Collected data entries:
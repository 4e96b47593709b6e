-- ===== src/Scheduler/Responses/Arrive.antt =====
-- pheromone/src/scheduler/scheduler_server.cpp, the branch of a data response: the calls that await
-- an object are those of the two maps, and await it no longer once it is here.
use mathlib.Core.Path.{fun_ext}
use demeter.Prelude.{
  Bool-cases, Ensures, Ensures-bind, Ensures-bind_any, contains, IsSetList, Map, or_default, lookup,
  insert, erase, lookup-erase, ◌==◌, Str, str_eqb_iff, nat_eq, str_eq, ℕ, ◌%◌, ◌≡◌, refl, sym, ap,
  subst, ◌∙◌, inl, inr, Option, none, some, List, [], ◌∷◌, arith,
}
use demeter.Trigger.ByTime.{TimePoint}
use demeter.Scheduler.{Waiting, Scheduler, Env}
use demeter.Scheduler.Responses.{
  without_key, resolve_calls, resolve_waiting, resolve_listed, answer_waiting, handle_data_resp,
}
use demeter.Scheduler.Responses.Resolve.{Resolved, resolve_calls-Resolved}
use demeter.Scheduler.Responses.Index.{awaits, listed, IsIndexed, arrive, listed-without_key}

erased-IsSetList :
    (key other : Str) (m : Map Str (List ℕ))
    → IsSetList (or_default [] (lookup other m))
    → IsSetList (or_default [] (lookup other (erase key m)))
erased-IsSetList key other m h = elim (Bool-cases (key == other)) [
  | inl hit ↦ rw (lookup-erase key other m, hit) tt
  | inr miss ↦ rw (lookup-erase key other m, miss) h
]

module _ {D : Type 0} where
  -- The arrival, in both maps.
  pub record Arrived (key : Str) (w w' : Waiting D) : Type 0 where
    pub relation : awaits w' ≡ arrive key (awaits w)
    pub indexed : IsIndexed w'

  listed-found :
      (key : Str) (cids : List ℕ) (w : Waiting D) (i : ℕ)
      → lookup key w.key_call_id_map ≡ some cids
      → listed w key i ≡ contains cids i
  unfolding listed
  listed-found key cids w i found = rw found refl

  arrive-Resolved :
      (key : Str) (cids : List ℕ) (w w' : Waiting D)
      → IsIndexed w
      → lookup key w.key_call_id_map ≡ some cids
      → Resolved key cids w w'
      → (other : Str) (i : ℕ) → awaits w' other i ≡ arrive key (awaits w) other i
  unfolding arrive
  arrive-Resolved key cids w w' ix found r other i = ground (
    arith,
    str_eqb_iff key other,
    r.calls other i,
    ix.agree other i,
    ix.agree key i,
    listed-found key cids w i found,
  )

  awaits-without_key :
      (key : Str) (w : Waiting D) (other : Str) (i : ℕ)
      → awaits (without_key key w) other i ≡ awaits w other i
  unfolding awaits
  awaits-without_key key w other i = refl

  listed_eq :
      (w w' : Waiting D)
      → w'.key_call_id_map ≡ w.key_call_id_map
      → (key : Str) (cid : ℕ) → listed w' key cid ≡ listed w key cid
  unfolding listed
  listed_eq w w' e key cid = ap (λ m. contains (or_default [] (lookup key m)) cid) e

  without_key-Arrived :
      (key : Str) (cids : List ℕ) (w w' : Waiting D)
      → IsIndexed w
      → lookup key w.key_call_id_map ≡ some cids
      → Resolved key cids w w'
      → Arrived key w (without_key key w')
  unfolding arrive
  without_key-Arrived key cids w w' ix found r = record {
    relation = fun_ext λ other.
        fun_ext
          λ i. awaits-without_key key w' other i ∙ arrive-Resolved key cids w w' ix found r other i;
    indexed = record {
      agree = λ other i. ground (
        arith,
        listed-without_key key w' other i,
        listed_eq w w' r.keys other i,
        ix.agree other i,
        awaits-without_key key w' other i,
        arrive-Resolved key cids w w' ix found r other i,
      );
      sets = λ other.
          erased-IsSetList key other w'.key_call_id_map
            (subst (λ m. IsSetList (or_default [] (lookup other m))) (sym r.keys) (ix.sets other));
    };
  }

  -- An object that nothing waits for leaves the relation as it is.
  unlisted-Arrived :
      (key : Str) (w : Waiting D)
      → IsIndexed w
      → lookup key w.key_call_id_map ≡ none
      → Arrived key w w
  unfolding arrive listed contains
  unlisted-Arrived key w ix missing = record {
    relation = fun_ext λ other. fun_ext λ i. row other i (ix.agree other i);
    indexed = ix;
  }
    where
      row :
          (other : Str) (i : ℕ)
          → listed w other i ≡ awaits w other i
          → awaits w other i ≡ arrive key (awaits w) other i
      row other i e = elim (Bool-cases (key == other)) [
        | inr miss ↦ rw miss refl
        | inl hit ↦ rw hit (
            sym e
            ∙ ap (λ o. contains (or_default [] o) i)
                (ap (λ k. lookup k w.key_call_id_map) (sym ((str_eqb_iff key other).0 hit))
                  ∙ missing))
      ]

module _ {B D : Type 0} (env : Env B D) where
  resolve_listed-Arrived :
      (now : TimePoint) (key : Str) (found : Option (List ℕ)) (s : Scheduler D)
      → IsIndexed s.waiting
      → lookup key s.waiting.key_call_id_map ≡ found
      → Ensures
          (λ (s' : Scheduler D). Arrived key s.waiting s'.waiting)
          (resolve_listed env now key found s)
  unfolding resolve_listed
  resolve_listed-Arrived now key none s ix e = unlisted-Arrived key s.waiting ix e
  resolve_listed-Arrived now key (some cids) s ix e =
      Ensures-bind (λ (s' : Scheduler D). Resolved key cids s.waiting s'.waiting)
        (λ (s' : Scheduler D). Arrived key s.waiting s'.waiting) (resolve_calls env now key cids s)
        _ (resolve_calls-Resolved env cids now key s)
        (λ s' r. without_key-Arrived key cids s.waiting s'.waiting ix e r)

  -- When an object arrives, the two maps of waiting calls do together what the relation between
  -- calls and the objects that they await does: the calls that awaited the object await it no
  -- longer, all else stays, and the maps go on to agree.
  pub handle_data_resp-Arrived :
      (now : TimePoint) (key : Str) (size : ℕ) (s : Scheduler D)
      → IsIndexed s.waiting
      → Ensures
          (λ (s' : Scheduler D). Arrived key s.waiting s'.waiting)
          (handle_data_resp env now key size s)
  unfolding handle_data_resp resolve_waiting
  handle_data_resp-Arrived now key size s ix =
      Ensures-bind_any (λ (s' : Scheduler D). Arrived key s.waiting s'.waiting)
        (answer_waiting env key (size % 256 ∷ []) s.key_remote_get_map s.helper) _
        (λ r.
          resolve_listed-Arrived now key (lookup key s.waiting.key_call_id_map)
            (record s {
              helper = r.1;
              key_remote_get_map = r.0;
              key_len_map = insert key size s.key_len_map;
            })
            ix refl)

--

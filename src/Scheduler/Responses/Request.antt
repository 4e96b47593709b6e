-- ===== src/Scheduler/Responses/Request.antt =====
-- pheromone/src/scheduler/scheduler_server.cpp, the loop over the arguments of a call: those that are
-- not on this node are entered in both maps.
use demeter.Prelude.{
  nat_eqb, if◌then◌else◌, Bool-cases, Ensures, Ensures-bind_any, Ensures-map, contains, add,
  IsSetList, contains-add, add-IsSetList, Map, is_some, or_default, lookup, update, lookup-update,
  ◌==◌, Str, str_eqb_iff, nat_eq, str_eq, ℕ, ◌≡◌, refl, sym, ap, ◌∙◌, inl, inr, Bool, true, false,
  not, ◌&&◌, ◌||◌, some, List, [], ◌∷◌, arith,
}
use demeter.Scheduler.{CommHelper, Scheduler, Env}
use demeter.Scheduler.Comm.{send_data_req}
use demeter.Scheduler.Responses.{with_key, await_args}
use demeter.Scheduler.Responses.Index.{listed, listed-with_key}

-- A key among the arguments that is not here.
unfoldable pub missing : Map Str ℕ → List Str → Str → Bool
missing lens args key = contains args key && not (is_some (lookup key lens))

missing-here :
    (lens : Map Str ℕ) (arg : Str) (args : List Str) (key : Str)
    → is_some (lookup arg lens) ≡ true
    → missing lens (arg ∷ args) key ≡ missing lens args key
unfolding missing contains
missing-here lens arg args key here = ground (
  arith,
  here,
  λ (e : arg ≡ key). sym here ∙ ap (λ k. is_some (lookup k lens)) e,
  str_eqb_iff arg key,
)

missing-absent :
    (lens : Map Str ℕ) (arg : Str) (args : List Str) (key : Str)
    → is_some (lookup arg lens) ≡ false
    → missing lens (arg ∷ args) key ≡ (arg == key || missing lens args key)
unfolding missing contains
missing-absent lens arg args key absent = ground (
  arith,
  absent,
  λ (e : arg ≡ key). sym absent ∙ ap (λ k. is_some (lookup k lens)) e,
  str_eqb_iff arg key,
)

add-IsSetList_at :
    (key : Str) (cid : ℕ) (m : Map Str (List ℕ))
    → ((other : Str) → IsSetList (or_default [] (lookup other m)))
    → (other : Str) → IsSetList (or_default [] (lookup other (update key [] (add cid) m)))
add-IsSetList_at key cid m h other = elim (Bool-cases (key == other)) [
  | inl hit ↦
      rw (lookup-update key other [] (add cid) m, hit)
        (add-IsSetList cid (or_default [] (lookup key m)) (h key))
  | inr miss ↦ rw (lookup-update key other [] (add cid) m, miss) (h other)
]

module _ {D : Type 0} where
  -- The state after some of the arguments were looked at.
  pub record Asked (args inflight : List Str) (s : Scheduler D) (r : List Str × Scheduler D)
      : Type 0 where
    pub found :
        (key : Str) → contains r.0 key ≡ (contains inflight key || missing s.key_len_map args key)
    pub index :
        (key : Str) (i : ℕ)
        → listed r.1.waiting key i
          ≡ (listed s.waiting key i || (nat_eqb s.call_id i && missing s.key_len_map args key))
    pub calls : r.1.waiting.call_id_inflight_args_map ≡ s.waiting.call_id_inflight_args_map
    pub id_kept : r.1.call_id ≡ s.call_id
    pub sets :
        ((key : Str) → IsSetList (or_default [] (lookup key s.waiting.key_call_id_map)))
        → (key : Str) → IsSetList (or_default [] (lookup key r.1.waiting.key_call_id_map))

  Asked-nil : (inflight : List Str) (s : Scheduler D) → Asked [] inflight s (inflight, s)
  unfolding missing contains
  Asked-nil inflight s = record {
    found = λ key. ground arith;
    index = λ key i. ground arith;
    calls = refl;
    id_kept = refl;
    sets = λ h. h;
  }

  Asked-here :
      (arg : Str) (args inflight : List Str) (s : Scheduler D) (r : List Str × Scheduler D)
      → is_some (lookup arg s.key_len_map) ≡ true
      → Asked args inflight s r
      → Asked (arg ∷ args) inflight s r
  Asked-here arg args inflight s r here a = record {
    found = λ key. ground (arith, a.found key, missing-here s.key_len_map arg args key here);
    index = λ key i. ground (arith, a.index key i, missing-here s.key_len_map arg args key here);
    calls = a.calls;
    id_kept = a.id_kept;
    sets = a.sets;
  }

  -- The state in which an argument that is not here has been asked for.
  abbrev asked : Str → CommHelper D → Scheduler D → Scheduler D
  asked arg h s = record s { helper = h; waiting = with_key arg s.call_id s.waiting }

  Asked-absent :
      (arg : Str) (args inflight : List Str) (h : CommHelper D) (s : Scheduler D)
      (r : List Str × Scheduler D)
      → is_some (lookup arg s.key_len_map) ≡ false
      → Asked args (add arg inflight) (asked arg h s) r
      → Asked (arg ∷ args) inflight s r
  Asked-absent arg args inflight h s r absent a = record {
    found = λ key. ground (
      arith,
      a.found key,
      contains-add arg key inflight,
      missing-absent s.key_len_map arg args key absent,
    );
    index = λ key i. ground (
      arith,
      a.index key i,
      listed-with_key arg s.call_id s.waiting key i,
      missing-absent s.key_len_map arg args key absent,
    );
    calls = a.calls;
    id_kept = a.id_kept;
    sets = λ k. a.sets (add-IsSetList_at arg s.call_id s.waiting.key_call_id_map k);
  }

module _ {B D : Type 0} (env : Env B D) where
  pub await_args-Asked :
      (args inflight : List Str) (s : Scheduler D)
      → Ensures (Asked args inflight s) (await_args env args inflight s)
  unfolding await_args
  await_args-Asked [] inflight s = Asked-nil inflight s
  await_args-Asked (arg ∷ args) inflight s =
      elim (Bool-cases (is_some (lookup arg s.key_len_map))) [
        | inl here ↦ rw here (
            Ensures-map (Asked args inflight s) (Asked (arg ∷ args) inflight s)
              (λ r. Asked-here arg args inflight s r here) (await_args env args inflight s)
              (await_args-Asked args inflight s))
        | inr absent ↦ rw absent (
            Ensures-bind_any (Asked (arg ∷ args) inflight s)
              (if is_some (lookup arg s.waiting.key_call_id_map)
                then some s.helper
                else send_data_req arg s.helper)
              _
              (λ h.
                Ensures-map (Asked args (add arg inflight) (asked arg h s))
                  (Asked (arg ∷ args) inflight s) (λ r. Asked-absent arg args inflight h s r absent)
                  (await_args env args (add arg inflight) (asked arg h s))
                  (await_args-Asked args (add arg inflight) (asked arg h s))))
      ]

• **BRIEF**:
Lines containing the word "antt" must be found in the data above and copied.

• **SOLUTION FOR THIS PROBLEM**:
-- ===== src/Scheduler/Responses/Arrive.antt =====
filename src/Scheduler/Responses/Request.antt
-- ===== src/Scheduler/Responses/Request.antt =====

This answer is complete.